Set the data down once more, exactly as it is written.

- Data:
◇ ◇ ◇

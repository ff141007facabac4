-- ===== src/Examples/Nodes.antt =====
-- The hash map, the pool and the network at concrete inputs.
use whosecoin_core.Base.{
  ℕ, ◌≤◌, ◌≡◌, refl, Option, none, some, if◌then◌else◌, ◌==◌, List, [], ◌∷◌, ◌++◌, arith, sub_ℕ,
  length, take, drop, replicate, ok, ◌>>=◌, Returns,
}
use whosecoin_core.Examples.Toy.{toy}
use whosecoin_core.Heap.{heap_create, heap_add, heap_top}
use whosecoin_core.HashMap.{HashMap, map_create, map_set, entry_same}
use whosecoin_core.HashMap.Refines.{
  IsHashed, Represents, update, map_create-Represents, map_set-Represents,
}
use whosecoin_core.Message.{
  guid_null, guid_is_null, message_get_magic, message_get_length, message_get_guid,
  message_get_type, load, load_words,
}
use whosecoin_core.Network.{
  message_magic_number, message_header_size, message_history_size, message_history_add,
  message_history_has, frame, Event, EventHandler, sent, relayed, network_send, handle_message,
}
use whosecoin_core.Network.Frames.{message_history_add-bounded, frame-read}
use whosecoin_core.Network.Once.{add_all, handle_message-once}
use whosecoin_core.Transaction.{Transaction}
use whosecoin_core.Transaction.Read.{created}

-- Numbers as keys, each its own hash.
abbrev identity : ℕ → ℕ
identity k = k

numbers-IsHashed : IsHashed identity sub_ℕ
unfolding entry_same
numbers-IsHashed = record {
  same_refl = λ k. ground arith;
  same_sym = λ j k h. ground arith;
  same_trans = λ i j k p q. ground arith;
  same_hash = λ j k h. ground arith;
}

abbrev fresh : HashMap ℕ ℕ
fresh = map_create 16

fresh-Represents : Represents identity sub_ℕ numbers-IsHashed fresh (λ k. none)
fresh-Represents = map_create-Represents identity sub_ℕ numbers-IsHashed 16 (omega arith)

map_set-Represents_example : Returns (map_set identity sub_ℕ fresh 17 5) λ r.
    (r.0 ≡ none)
    × Represents identity sub_ℕ numbers-IsHashed r.1
        (update identity sub_ℕ numbers-IsHashed (λ k. none) 17 5)
map_set-Represents_example =
    map_set-Represents identity sub_ℕ numbers-IsHashed fresh (λ k. none) 17 5 fresh-Represents

abbrev key : List ℕ
key = replicate 31 0 ++ 1 ∷ []

abbrev payment : Transaction
payment = created toy key key key 5 0

message_history_add-bounded_example :
    length (message_history_add [] (1 ∷ 2 ∷ 3 ∷ 4 ∷ [])) ≤ message_history_size
message_history_add-bounded_example =
    message_history_add-bounded [] (1 ∷ 2 ∷ 3 ∷ 4 ∷ []) (omega arith)

frame-read_example :
    (m : List ℕ) × (frame (replicate 28 0) (1 ∷ 2 ∷ 3 ∷ 4 ∷ []) 9 (7 ∷ 8 ∷ []) ≡ ok m)
    × (message_get_magic m ≡ ok message_magic_number)
    × (message_get_length m ≡ ok 2)
    × (message_get_guid m ≡ ok (1 ∷ 2 ∷ 3 ∷ 4 ∷ []))
    × (message_get_type m ≡ ok 9)
    × (drop message_header_size m ≡ 7 ∷ 8 ∷ [])
frame-read_example =
    frame-read (replicate 28 0) (1 ∷ 2 ∷ 3 ∷ 4 ∷ []) 9 (7 ∷ 8 ∷ []) refl refl
      (omega arith, (omega arith, (omega arith, (omega arith, tt)))) (omega arith) (omega arith)

-- A message of two bytes with the guid 0:0:0:1 and the type of a transaction, with bytes behind it.
abbrev arrived : List ℕ
arrived =
    0x54 ∷ 0x52 ∷ 0x4a ∷ 0x54 ∷ 0 ∷ 0 ∷ 0 ∷ 2 ∷ replicate 15 0
    ++ 1 ∷ 0 ∷ 10 ∷ b'(' ∷ b')' ∷ 7 ∷ 7 ∷ []

-- It answers an empty tuple with two bytes, for which the null guid goes into the history.
abbrev answers : EventHandler
answers none history = ok ([], history)
answers (some t) history = network_send history (replicate 28 0) 9 (b'(' ∷ b')' ∷ [])

-- The handler is registered for transactions.
abbrev registered : ℕ → Option EventHandler
registered type = if type == 10 then some answers else none

abbrev answer_sent : List ℕ
answer_sent = 0x54 ∷ 0x52 ∷ 0x4a ∷ 0x54 ∷ 0 ∷ 0 ∷ 0 ∷ 2 ∷ replicate 17 0 ++ 9 ∷ b'(' ∷ b')' ∷ []

arrived_guid : message_get_guid arrived ≡ ok (0 ∷ 0 ∷ 0 ∷ 1 ∷ [])
unfolding message_get_guid load_words load whosecoin_core.Bytes.from_be
arrived_guid = refl

arrived_handled :
    handle_message 9 registered [] arrived 28
    ≡ ok (sent answer_sent ∷ relayed (take 28 arrived) ∷ [], guid_null ∷ (0 ∷ 0 ∷ 0 ∷ 1 ∷ []) ∷ [])
unfolding handle_message message_get_guid load_words load whosecoin_core.Bytes.from_be guid_is_null
    whosecoin_core.Message.message_get_length whosecoin_core.Message.message_get_type
    whosecoin_core.Tuple.tuple_parse network_send whosecoin_core.Message.message_set_magic
    whosecoin_core.Tuple.parse_with whosecoin_core.Tuple.parse_loop whosecoin_core.Tuple.switch
    whosecoin_core.Message.message_set_length whosecoin_core.Bytes.be_bytes
    whosecoin_core.Message.message_set_guid whosecoin_core.Message.message_set_type
arrived_handled = refl

handle_message-once_example :
    ((by_handler : List Event) × (sent answer_sent ∷ relayed (take 28 arrived) ∷ []
        ≡ by_handler ++ relayed (take 28 arrived) ∷ []))
    × (handle_message 9 registered
          (add_all (guid_null ∷ (0 ∷ 0 ∷ 0 ∷ 1 ∷ []) ∷ []) ((9 ∷ 9 ∷ 9 ∷ 9 ∷ []) ∷ []))
          arrived
          28
        ≡ ok ([], add_all (guid_null ∷ (0 ∷ 0 ∷ 0 ∷ 1 ∷ []) ∷ []) ((9 ∷ 9 ∷ 9 ∷ 9 ∷ []) ∷ [])))
unfolding guid_is_null message_history_has
handle_message-once_example =
    handle_message-once 9 registered [] (guid_null ∷ (0 ∷ 0 ∷ 0 ∷ 1 ∷ []) ∷ []) arrived 28
      (0 ∷ 0 ∷ 0 ∷ 1 ∷ []) (sent answer_sent ∷ relayed (take 28 arrived) ∷ []) arrived_guid refl
      refl arrived_handled ((9 ∷ 9 ∷ 9 ∷ 9 ∷ []) ∷ []) (omega arith)

-- The second of two elements is smaller and stands at the top.
smaller_first :
    (heap_add sub_ℕ heap_create 7 >>= λ one. heap_add sub_ℕ one 3 >>= heap_top sub_ℕ) ≡ ok (some 3)
unfolding heap_add heap_create heap_top whosecoin_core.ArrayList.write_cell
    whosecoin_core.ArrayList.read_cell
smaller_first = refl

◇ ◇ ◇

- Output for this task:
repository ff141007facabac4
-- ===== src/Examples/Nodes.antt =====
-- The hash map, the pool and the network at concrete inputs.
use whosecoin_core.Base.{
  ℕ, ◌≤◌, ◌≡◌, refl, Option, none, some, if◌then◌else◌, ◌==◌, List, [], ◌∷◌, ◌++◌, arith, sub_ℕ,
  length, take, drop, replicate, ok, ◌>>=◌, Returns,
}
use whosecoin_core.Examples.Toy.{toy}
use whosecoin_core.Heap.{heap_create, heap_add, heap_top}
use whosecoin_core.HashMap.{HashMap, map_create, map_set, entry_same}
use whosecoin_core.HashMap.Refines.{
  IsHashed, Represents, update, map_create-Represents, map_set-Represents,
}
use whosecoin_core.Message.{
  guid_null, guid_is_null, message_get_magic, message_get_length, message_get_guid,
  message_get_type, load, load_words,
}
use whosecoin_core.Network.{
  message_magic_number, message_header_size, message_history_size, message_history_add,
  message_history_has, frame, Event, EventHandler, sent, relayed, network_send, handle_message,
}
use whosecoin_core.Network.Frames.{message_history_add-bounded, frame-read}
use whosecoin_core.Network.Once.{add_all, handle_message-once}
use whosecoin_core.Transaction.{Transaction}
use whosecoin_core.Transaction.Read.{created}

-- Numbers as keys, each its own hash.
abbrev identity : ℕ → ℕ
identity k = k

numbers-IsHashed : IsHashed identity sub_ℕ
unfolding entry_same
numbers-IsHashed = record {
  same_refl = λ k. ground arith;
  same_sym = λ j k h. ground arith;
  same_trans = λ i j k p q. ground arith;
  same_hash = λ j k h. ground arith;
}

abbrev fresh : HashMap ℕ ℕ
fresh = map_create 16

fresh-Represents : Represents identity sub_ℕ numbers-IsHashed fresh (λ k. none)
fresh-Represents = map_create-Represents identity sub_ℕ numbers-IsHashed 16 (omega arith)

map_set-Represents_example : Returns (map_set identity sub_ℕ fresh 17 5) λ r.
    (r.0 ≡ none)
    × Represents identity sub_ℕ numbers-IsHashed r.1
        (update identity sub_ℕ numbers-IsHashed (λ k. none) 17 5)
map_set-Represents_example =
    map_set-Represents identity sub_ℕ numbers-IsHashed fresh (λ k. none) 17 5 fresh-Represents

abbrev key : List ℕ
key = replicate 31 0 ++ 1 ∷ []

abbrev payment : Transaction
payment = created toy key key key 5 0

message_history_add-bounded_example :
    length (message_history_add [] (1 ∷ 2 ∷ 3 ∷ 4 ∷ [])) ≤ message_history_size
message_history_add-bounded_example =
    message_history_add-bounded [] (1 ∷ 2 ∷ 3 ∷ 4 ∷ []) (omega arith)

frame-read_example :
    (m : List ℕ) × (frame (replicate 28 0) (1 ∷ 2 ∷ 3 ∷ 4 ∷ []) 9 (7 ∷ 8 ∷ []) ≡ ok m)
    × (message_get_magic m ≡ ok message_magic_number)
    × (message_get_length m ≡ ok 2)
    × (message_get_guid m ≡ ok (1 ∷ 2 ∷ 3 ∷ 4 ∷ []))
    × (message_get_type m ≡ ok 9)
    × (drop message_header_size m ≡ 7 ∷ 8 ∷ [])
frame-read_example =
    frame-read (replicate 28 0) (1 ∷ 2 ∷ 3 ∷ 4 ∷ []) 9 (7 ∷ 8 ∷ []) refl refl
      (omega arith, (omega arith, (omega arith, (omega arith, tt)))) (omega arith) (omega arith)

-- A message of two bytes with the guid 0:0:0:1 and the type of a transaction, with bytes behind it.
abbrev arrived : List ℕ
arrived =
    0x54 ∷ 0x52 ∷ 0x4a ∷ 0x54 ∷ 0 ∷ 0 ∷ 0 ∷ 2 ∷ replicate 15 0
    ++ 1 ∷ 0 ∷ 10 ∷ b'(' ∷ b')' ∷ 7 ∷ 7 ∷ []

-- It answers an empty tuple with two bytes, for which the null guid goes into the history.
abbrev answers : EventHandler
answers none history = ok ([], history)
answers (some t) history = network_send history (replicate 28 0) 9 (b'(' ∷ b')' ∷ [])

-- The handler is registered for transactions.
abbrev registered : ℕ → Option EventHandler
registered type = if type == 10 then some answers else none

abbrev answer_sent : List ℕ
answer_sent = 0x54 ∷ 0x52 ∷ 0x4a ∷ 0x54 ∷ 0 ∷ 0 ∷ 0 ∷ 2 ∷ replicate 17 0 ++ 9 ∷ b'(' ∷ b')' ∷ []

arrived_guid : message_get_guid arrived ≡ ok (0 ∷ 0 ∷ 0 ∷ 1 ∷ [])
unfolding message_get_guid load_words load whosecoin_core.Bytes.from_be
arrived_guid = refl

arrived_handled :
    handle_message 9 registered [] arrived 28
    ≡ ok (sent answer_sent ∷ relayed (take 28 arrived) ∷ [], guid_null ∷ (0 ∷ 0 ∷ 0 ∷ 1 ∷ []) ∷ [])
unfolding handle_message message_get_guid load_words load whosecoin_core.Bytes.from_be guid_is_null
    whosecoin_core.Message.message_get_length whosecoin_core.Message.message_get_type
    whosecoin_core.Tuple.tuple_parse network_send whosecoin_core.Message.message_set_magic
    whosecoin_core.Tuple.parse_with whosecoin_core.Tuple.parse_loop whosecoin_core.Tuple.switch
    whosecoin_core.Message.message_set_length whosecoin_core.Bytes.be_bytes
    whosecoin_core.Message.message_set_guid whosecoin_core.Message.message_set_type
arrived_handled = refl

handle_message-once_example :
    ((by_handler : List Event) × (sent answer_sent ∷ relayed (take 28 arrived) ∷ []
        ≡ by_handler ++ relayed (take 28 arrived) ∷ []))
    × (handle_message 9 registered
          (add_all (guid_null ∷ (0 ∷ 0 ∷ 0 ∷ 1 ∷ []) ∷ []) ((9 ∷ 9 ∷ 9 ∷ 9 ∷ []) ∷ []))
          arrived
          28
        ≡ ok ([], add_all (guid_null ∷ (0 ∷ 0 ∷ 0 ∷ 1 ∷ []) ∷ []) ((9 ∷ 9 ∷ 9 ∷ 9 ∷ []) ∷ [])))
unfolding guid_is_null message_history_has
handle_message-once_example =
    handle_message-once 9 registered [] (guid_null ∷ (0 ∷ 0 ∷ 0 ∷ 1 ∷ []) ∷ []) arrived 28
      (0 ∷ 0 ∷ 0 ∷ 1 ∷ []) (sent answer_sent ∷ relayed (take 28 arrived) ∷ []) arrived_guid refl
      refl arrived_handled ((9 ∷ 9 ∷ 9 ∷ 9 ∷ []) ∷ []) (omega arith)

-- The second of two elements is smaller and stands at the top.
smaller_first :
    (heap_add sub_ℕ heap_create 7 >>= λ one. heap_add sub_ℕ one 3 >>= heap_top sub_ℕ) ≡ ok (some 3)
unfolding heap_add heap_create heap_top whosecoin_core.ArrayList.write_cell
    whosecoin_core.ArrayList.read_cell
smaller_first = refl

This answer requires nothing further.